Stored data:
------------------------------------------------------------
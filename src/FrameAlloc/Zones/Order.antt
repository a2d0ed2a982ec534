-- ===== src/FrameAlloc/Zones/Order.antt =====
-- `pages2order` of mm/frame_alloc.c finds the least order.
use heaven_os.Prelude.{
  ℕ, zero, suc, ◌+◌, ◌^◌, ◌≤◌, ◌<◌, ◌≡◌, inl, inr, refl, ap, arith, true, ltb, leb, Bool-cases,
  dec_lt, some,
}
use heaven_os.FrameAlloc.{max_order}
use heaven_os.FrameAlloc.Zones.{order_from, pages2order}

-- The order is enough for the pages, and no lower one is.
abbrev pub Least : ℕ → ℕ → Type 0
Least pages k = (k ≤ max_order) × (pages ≤ 2 ^ k) × ((j : ℕ) → j < k → 2 ^ j < pages)

order_from-Least :
    (left order pages : ℕ)
    → left + order ≡ suc max_order
    → pages ≤ 2 ^ max_order
    → ((j : ℕ) → j < order → 2 ^ j < pages)
    → order ≤ max_order
    → (k : ℕ) × (order_from left order pages ≡ some k) × Least pages k
unfolding order_from
order_from-Least zero order pages e fits below low = absurd (omega arith)
order_from-Least (suc left) order pages e fits below low =
    elim (Bool-cases (ltb (2 ^ order) pages)) [
      | inl more ↦
          let over : 2 ^ order < pages = ground arith in
          let lower : order < max_order = elim (dec_lt order max_order) [
            | yes p ↦ p
            | no p ↦
                let top : order ≡ max_order = omega arith in
                absurd (omega (arith, ap (λ (n : ℕ). 2 ^ n) top))
          ] in
          let h =
            order_from-Least left (order + 1) pages (omega arith) fits
              (λ j lt. elim (dec_lt j order) [
                | yes p ↦ below j p
                | no p ↦ let same : j ≡ order = omega arith in rw same over
              ])
              (omega arith) in
          (h.0, rw more h.1, h.2)
      | inr enough ↦ (order, rw enough refl, (low, ground arith, below))
    ]

-- `pages2order` of at most 2 ^ 10 pages ends and returns the least order that is enough.
pub pages2order-Least :
    (pages : ℕ) → pages ≤ 2 ^ max_order → (k : ℕ) × (pages2order pages ≡ some k) × Least pages k
unfolding pages2order
pages2order-Least pages fits =
    let passed : leb pages (2 ^ max_order) ≡ true = ground arith in
    let h =
      order_from-Least (max_order + 1) 0 pages refl fits (λ j lt. absurd (omega arith))
        (omega arith) in
    (h.0, rw passed h.1, h.2)
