-- ===== src/FrameAlloc/Zones/Serve.antt =====
-- `frames_alloc` of mm/frame_alloc.c serves a request from the first zone that has a block.
use heaven_os.Prelude.{
  ℕ, ◌^◌, ◌≤◌, ◌<◌, ◌≡◌, ◌⊎◌, inl, inr, refl, ap, arith, dec_lt, Option, none, some, List, [], ◌∷◌,
  ◌++◌,
}
use heaven_os.Memory.{Bytes}
use heaven_os.FrameAlloc.{Zone, max_order, zone_alloc}
use heaven_os.FrameAlloc.Bitmap.{IsLaidOut, with_free}
use heaven_os.FrameAlloc.Invariant.{IsSound}
use heaven_os.FrameAlloc.Alloc.{Allocated, Searched, zone_alloc-Allocated}
use heaven_os.FrameAlloc.Zones.{alloc_from, frames_alloc}
use heaven_os.FrameAlloc.Zones.Order.{Least, pages2order-Least}

-- A property of every zone of a list.
abbrev pub All : (Zone → Type 0) → List Zone → Type 0
All P [] = Unit
All P (zone ∷ zones) = P zone × All P zones

abbrev pub Ready : Zone → Type 0
Ready zone = IsLaidOut zone × IsSound zone zone.free

-- The zone has no free block of an order or a higher one.
abbrev pub Exhausted : ℕ → Zone → Type 0
Exhausted order zone = (j : ℕ) → order ≤ j → j ≤ max_order → zone.free j ≡ []

-- The first zone that is not exhausted serves the request, and the other zones stay.
pub record Served (zones : List Zone) (m : Bytes) (order : ℕ)
    (r : Option (Option ℕ × List Zone × Bytes)) : Type 0 where
  pub before : List Zone
  pub zone : Zone
  pub after : List Zone
  pub splits : zones ≡ before ++ zone ∷ after
  pub empty : All (Exhausted order) before
  pub alloc : Allocated zone zone.free m order (zone_alloc zone order m)
  pub returns : r ≡ some (some alloc.block, before ++ with_free zone alloc.lists ∷ after, alloc.mem)

abbrev pub Outcome : List Zone → Bytes → ℕ → Option (Option ℕ × List Zone × Bytes) → Type 0
Outcome zones m order r =
    ((r ≡ some (none, zones, m)) × All (Exhausted order) zones) ⊎ Served zones m order r

alloc_from-Outcome :
    (order : ℕ) (zones : List Zone) {m : Bytes}
    → order < max_order
    → All Ready zones
    → Outcome zones m order (alloc_from zones order m)
unfolding alloc_from
alloc_from-Outcome order [] low ready = inl (refl, tt)
alloc_from-Outcome order (zone ∷ zones) {m} low ready =
    go (zone_alloc-Allocated order low ready.0.0 ready.0.1)
      (alloc_from-Outcome order zones low ready.1)
  where
    go :
        Searched zone zone.free m order order (zone_alloc zone order m)
        → Outcome zones m order (alloc_from zones order m)
        → Outcome (zone ∷ zones) m order (alloc_from (zone ∷ zones) order m)
    go (inl (nothing, gone)) (inl (rest, empty)) = inl (rw (nothing, rest) refl, (gone, empty))
    go (inl (nothing, gone)) (inr s) = inr (record {
      before = zone ∷ s.before;
      zone = s.zone;
      after = s.after;
      splits = ap (λ (zs : List Zone). zone ∷ zs) s.splits;
      empty = (gone, s.empty);
      alloc = s.alloc;
      returns = rw (nothing, s.returns) refl;
    })
    go (inr a) rest = inr (record {
      before = [];
      zone = zone;
      after = zones;
      splits = refl;
      empty = tt;
      alloc = a;
      returns = rw a.returns refl;
    })

below_top : (n k : ℕ) → n ≤ 512 → Least n k → k < max_order
below_top n k few least = elim (dec_lt k max_order) [
  | yes p ↦ p
  | no p ↦ let over : 2 ^ 9 < n = least.2 9 (omega arith) in absurd (omega arith)
]

-- `frames_alloc` of at most 512 pages, over zones that are all laid out and sound, never
-- faults. It asks for the least order that is enough for the pages; it returns NULL and changes
-- nothing if every zone is exhausted, and else allocates in the first zone that is not.
pub frames_alloc-Outcome :
    (zones : List Zone) (n : ℕ) {m : Bytes}
    → n ≤ 512
    → All Ready zones
    → (order : ℕ) × Least n order × Outcome zones m order (frames_alloc zones n m)
unfolding frames_alloc
frames_alloc-Outcome zones n few ready =
    let (order, found, least) = pages2order-Least n (omega arith) in
    let low : order < max_order = below_top n order few least in
    (order, least, rw found (alloc_from-Outcome order zones low ready))
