-- ===== src/FrameAlloc/Init/Sound.antt =====
-- The zones that `zone_add` of mm/frame_alloc.c lays out are what `zone_alloc` takes.
use heaven_os.Prelude.{
  ℕ, zero, suc, ◌+◌, ◌-◌, ◌*◌, ◌/◌, ◌%◌, ◌^◌, ◌≤◌, ◌<◌, ◌≡◌, ap, subst, arith, inl, inr, Bool-cases,
  ◌==◌, ltb, update, some, List, [], ◌∷◌, ◌++◌,
}
use native.Mathlib.Nat.{div-le_self}
use heaven_os.Memory.{page_size, div_round_up}
use heaven_os.FrameAlloc.{Zone, max_order, kassert-eq-some, push, sub64, mask_low}
use heaven_os.FrameAlloc.Geometry.{size}
use heaven_os.FrameAlloc.Cover.{within, cover, cover_below, hits, cover-push}
use heaven_os.FrameAlloc.Invariant.{IsSound, IsLoose, push-IsSound}
use heaven_os.FrameAlloc.Zones.Serve.{Ready}
use heaven_os.FrameAlloc.Init.{
  set_bitmaps, link_blocks, empty_zone, order_bitmap_size, bitmap_pages, required_bitmap_size,
  zone_start, zone_end, zone_pages, zone_add,
}
use heaven_os.FrameAlloc.Init.Bitmaps.{
  added, zone_add-added, append-last, added-fields, added-IsZone, round_down-aligned,
}

-- Where the bitmaps end below 2 ^ 64, none of them is at NULL.
set_bitmaps-pos :
    (left i ptr size reserved : ℕ) (bitmap result : ℕ → ℕ)
    → 0 < ptr
    → ptr + left * size < 2 ^ 64
    → ((j : ℕ) → j < i → 0 < bitmap j)
    → set_bitmaps left i ptr size reserved bitmap ≡ some result
    → (j : ℕ) → j < i + left
    → 0 < result j
unfolding set_bitmaps
set_bitmaps-pos zero i ptr size reserved bitmap result pos fits below e j lt =
    let same : bitmap ≡ result = cc in rw (← same) (below j (omega arith))
set_bitmaps-pos (suc left) i ptr size reserved bitmap result pos fits below e j lt =
    set_bitmaps-pos left (i + 1) ((ptr + size) % 2 ^ 64) size reserved (update bitmap i ptr) result
      (omega arith) (omega arith)
      (λ h hlt. elim (Bool-cases (i == h)) [
        | inl eq ↦ rw eq pos
        | inr ne ↦ rw ne (below h (ground (arith, ne)))
      ])
      (kassert-eq-some _ e).1 j (omega arith)

empty-IsSound : (z : Zone) → IsSound z (λ _. [])
unfolding cover cover_below hits
empty-IsSound z = record { blocks = λ k b le h. absurd (omega arith); once = λ a. omega arith }

empty-cover : (s a : ℕ) → cover (λ _. []) a ≡ within s 0 a
unfolding cover cover_below hits
empty-cover s a = ground arith

-- The first `i` blocks of the zone are free, and no others.
abbrev Filled : ℕ → Zone → Type 0
Filled i z = (a : ℕ) → cover z.free a ≡ within z.start_addr (i * 0x400000) a

next-IsLoose :
    (i : ℕ) (z : Zone)
    → z.start_addr % 0x400000 ≡ 0
    → z.start_addr + (i + 1) * 0x400000 ≤ z.end_addr
    → Filled i z
    → IsLoose z z.free max_order (z.start_addr + i * 2 ^ max_order * page_size)
unfolding size
next-IsLoose i z aligned fits filled = record {
  low = omega arith;
  aligned = omega arith;
  inside = (omega arith, omega arith);
  clear = λ a. ground (arith, filled a);
}

next-Filled :
    (i : ℕ) (z : Zone)
    → Filled i z
    → Filled (i + 1) (push max_order (z.start_addr + i * 2 ^ max_order * page_size) z)
unfolding size
next-Filled i z filled a = ground (
  arith,
  filled a,
  cover-push z.free max_order (omega arith) (z.start_addr + i * 2 ^ max_order * page_size) a,
)

link_blocks-IsSound :
    (left i : ℕ) (z : Zone)
    → z.start_addr % 0x400000 ≡ 0
    → z.start_addr + (i + left) * 0x400000 ≤ z.end_addr
    → Filled i z
    → IsSound z z.free
    → IsSound (link_blocks left i z) (link_blocks left i z).free
unfolding link_blocks
link_blocks-IsSound zero i z aligned fits filled sound = sound
link_blocks-IsSound (suc left) i z aligned fits filled sound =
    let b = z.start_addr + i * 2 ^ max_order * page_size in
    let loose = next-IsLoose i z aligned (omega arith) filled in
    let pushed = push-IsSound sound max_order b loose in
    link_blocks-IsSound left (i + 1) (push max_order b z) aligned (omega arith)
      (next-Filled i z filled) (record { blocks = pushed.blocks; once = pushed.once })

-- The blocks of the highest order between two ends that are aligned to them.
blocks_fit :
    (start end : ℕ)
    → start % 0x400000 ≡ 0
    → end % 0x400000 ≡ 0
    → start ≤ end
    → end < 2 ^ 64
    → start + (0 + sub64 end start / page_size / 2 ^ max_order) * 0x400000 ≤ end
blocks_fit start end first last le fits =
    let total : sub64 end start ≡ end - start = omega arith in rw total (omega arith)

-- The bitmaps take fewer pages than the region has.
required-le :
    (left i pages acc : ℕ) → required_bitmap_size left i pages acc ≤ acc + left * (pages + 1)
unfolding required_bitmap_size
required-le zero i pages acc = omega arith
required-le (suc left) i pages acc =
    let half : pages / 2 ^ i / 2 ≤ pages =
      omega (arith, div-le_self (pages / 2 ^ i) 2, div-le_self pages (2 ^ i)) in
    omega (arith, half, required-le left (i + 1) pages (acc + div_round_up (pages / 2 ^ i / 2) 8))

bitmap_pages-le : (pages : ℕ) → 1024 < pages → bitmap_pages pages ≤ pages
bitmap_pages-le pages large = omega (arith, required-le (max_order + 1) 0 pages 0)

module _ (addr pages : ℕ) (large : 1024 < pages)
    (below : addr + pages * page_size + 2 ^ 24 < 2 ^ 64) where
  start-le : zone_start addr pages ≤ addr + page_size * bitmap_pages pages + 0x400000
  start-le = omega (arith, bitmap_pages-le pages large)

  zone_end-le : zone_start addr pages ≤ zone_end addr pages
  zone_end-le =
      let aligned : zone_start addr pages % 0x400000 ≡ 0 = unfold size in round_down-aligned _ in
      let few = bitmap_pages-le pages large in
      let s = zone_start addr pages in
      let left : sub64 pages (bitmap_pages pages) ≡ pages - bitmap_pages pages = omega arith in
      let kept : s + (pages - bitmap_pages pages) * page_size < 2 ^ 64 = omega (arith, start-le) in
      rw left (omega (arith, aligned, kept))

  zone_pages-le : zone_pages addr pages ≤ pages
  zone_pages-le =
      let few = bitmap_pages-le pages large in
      let s = zone_start addr pages in
      let left : sub64 pages (bitmap_pages pages) ≡ pages - bitmap_pages pages = omega arith in
      let kept : s + (pages - bitmap_pages pages) * page_size < 2 ^ 64 = omega (arith, start-le) in
      let ends : zone_end addr pages ≤ s + pages * page_size = rw left (omega (arith, kept)) in
      let dist : sub64 (zone_end addr pages) s ≡ zone_end addr pages - s =
        omega (arith, zone_end-le, ends, start-le) in
      rw dist (omega (arith, ends))

  bitmaps_fit : addr + max_order * order_bitmap_size (zone_pages addr pages) < 2 ^ 64
  bitmaps_fit = omega (arith, zone_pages-le)

zone_add-large :
    (zones : List Zone) (addr pages : ℕ) {r : List Zone × ℕ}
    → zone_add zones addr pages ≡ some r
    → 1024 < pages
unfolding zone_add
zone_add-large zones addr pages e =
    let a = kassert-eq-some (mask_low 12 addr == addr) e in
    let b = kassert-eq-some (ltb (2 ^ max_order) pages) a.1 in ground (arith, b.0)

-- If `zone_add` of a region that does not start at NULL and ends 16 MB below 2 ^ 64 returns, then the zone
-- that it appends is `Ready` for `zone_alloc`: it is aligned, has a bitmap for each order below the
-- highest, and its free blocks are aligned, lie in the zone and do not overlap.
pub zone_add-Ready :
    (zones : List Zone) (addr pages : ℕ) {z : Zone} {n : ℕ}
    → zone_add zones addr pages ≡ some (zones ++ z ∷ [], n)
    → 0 < addr
    → addr + pages * page_size + 2 ^ 24 < 2 ^ 64
    → Ready z
zone_add-Ready zones addr pages {z} {n} e pos below =
    let big = zone_add-large zones addr pages e in
    let (bitmap, runs, whole, count) = zone_add-added zones addr pages e in
    let same = append-last zones whole in
    let (maps, from, to) = added-fields addr pages bitmap same in
    let zone = added-IsZone addr pages bitmap same in
    let first : zone_start addr pages % 0x400000 ≡ 0 = unfold size in round_down-aligned _ in
    let last : zone_end addr pages % 0x400000 ≡ 0 = unfold size in round_down-aligned _ in
    let room =
      blocks_fit (zone_start addr pages) (zone_end addr pages) first last
        (zone_end-le addr pages big below) (omega arith) in
    let small = bitmaps_fit addr pages big below in
    let empty = empty_zone addr pages bitmap in
    let made : IsSound (added addr pages bitmap) (added addr pages bitmap).free =
      unfold added in
      link_blocks-IsSound (zone_pages addr pages / 2 ^ max_order) 0 empty first room
        (empty-cover empty.start_addr) (empty-IsSound empty) in
    (
      record {
        zone = zone;
        nonnull = λ k low null.
            let there =
              set_bitmaps-pos max_order 0 addr (order_bitmap_size (zone_pages addr pages))
                (bitmap_pages pages) (λ _. 0) bitmap pos small (λ j lt. absurd (omega arith)) runs k
                low in
            let at : bitmap k ≡ z.bitmap k = ap (λ (b : ℕ → ℕ). b k) maps in
            absurd (omega (arith, there, at, null));
      },
      subst (λ (x : Zone). IsSound x x.free) same made,
    )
------------------------------------------------------------
== TASK OBJECTIVE ==
Beginning at the top of the data, extract each line through the line containing "(left order pages : ℕ)" and return those lines exactly, with nothing added.

== ANSWER AREA ==
filename src/FrameAlloc/Zones/Order.antt
repository a2d0ed2a982ec534
-- ===== src/FrameAlloc/Zones/Order.antt =====
-- `pages2order` of mm/frame_alloc.c finds the least order.
use heaven_os.Prelude.{
  ℕ, zero, suc, ◌+◌, ◌^◌, ◌≤◌, ◌<◌, ◌≡◌, inl, inr, refl, ap, arith, true, ltb, leb, Bool-cases,
  dec_lt, some,
}
use heaven_os.FrameAlloc.{max_order}
use heaven_os.FrameAlloc.Zones.{order_from, pages2order}

-- The order is enough for the pages, and no lower one is.
abbrev pub Least : ℕ → ℕ → Type 0
Least pages k = (k ≤ max_order) × (pages ≤ 2 ^ k) × ((j : ℕ) → j < k → 2 ^ j < pages)

order_from-Least :
    (left order pages : ℕ)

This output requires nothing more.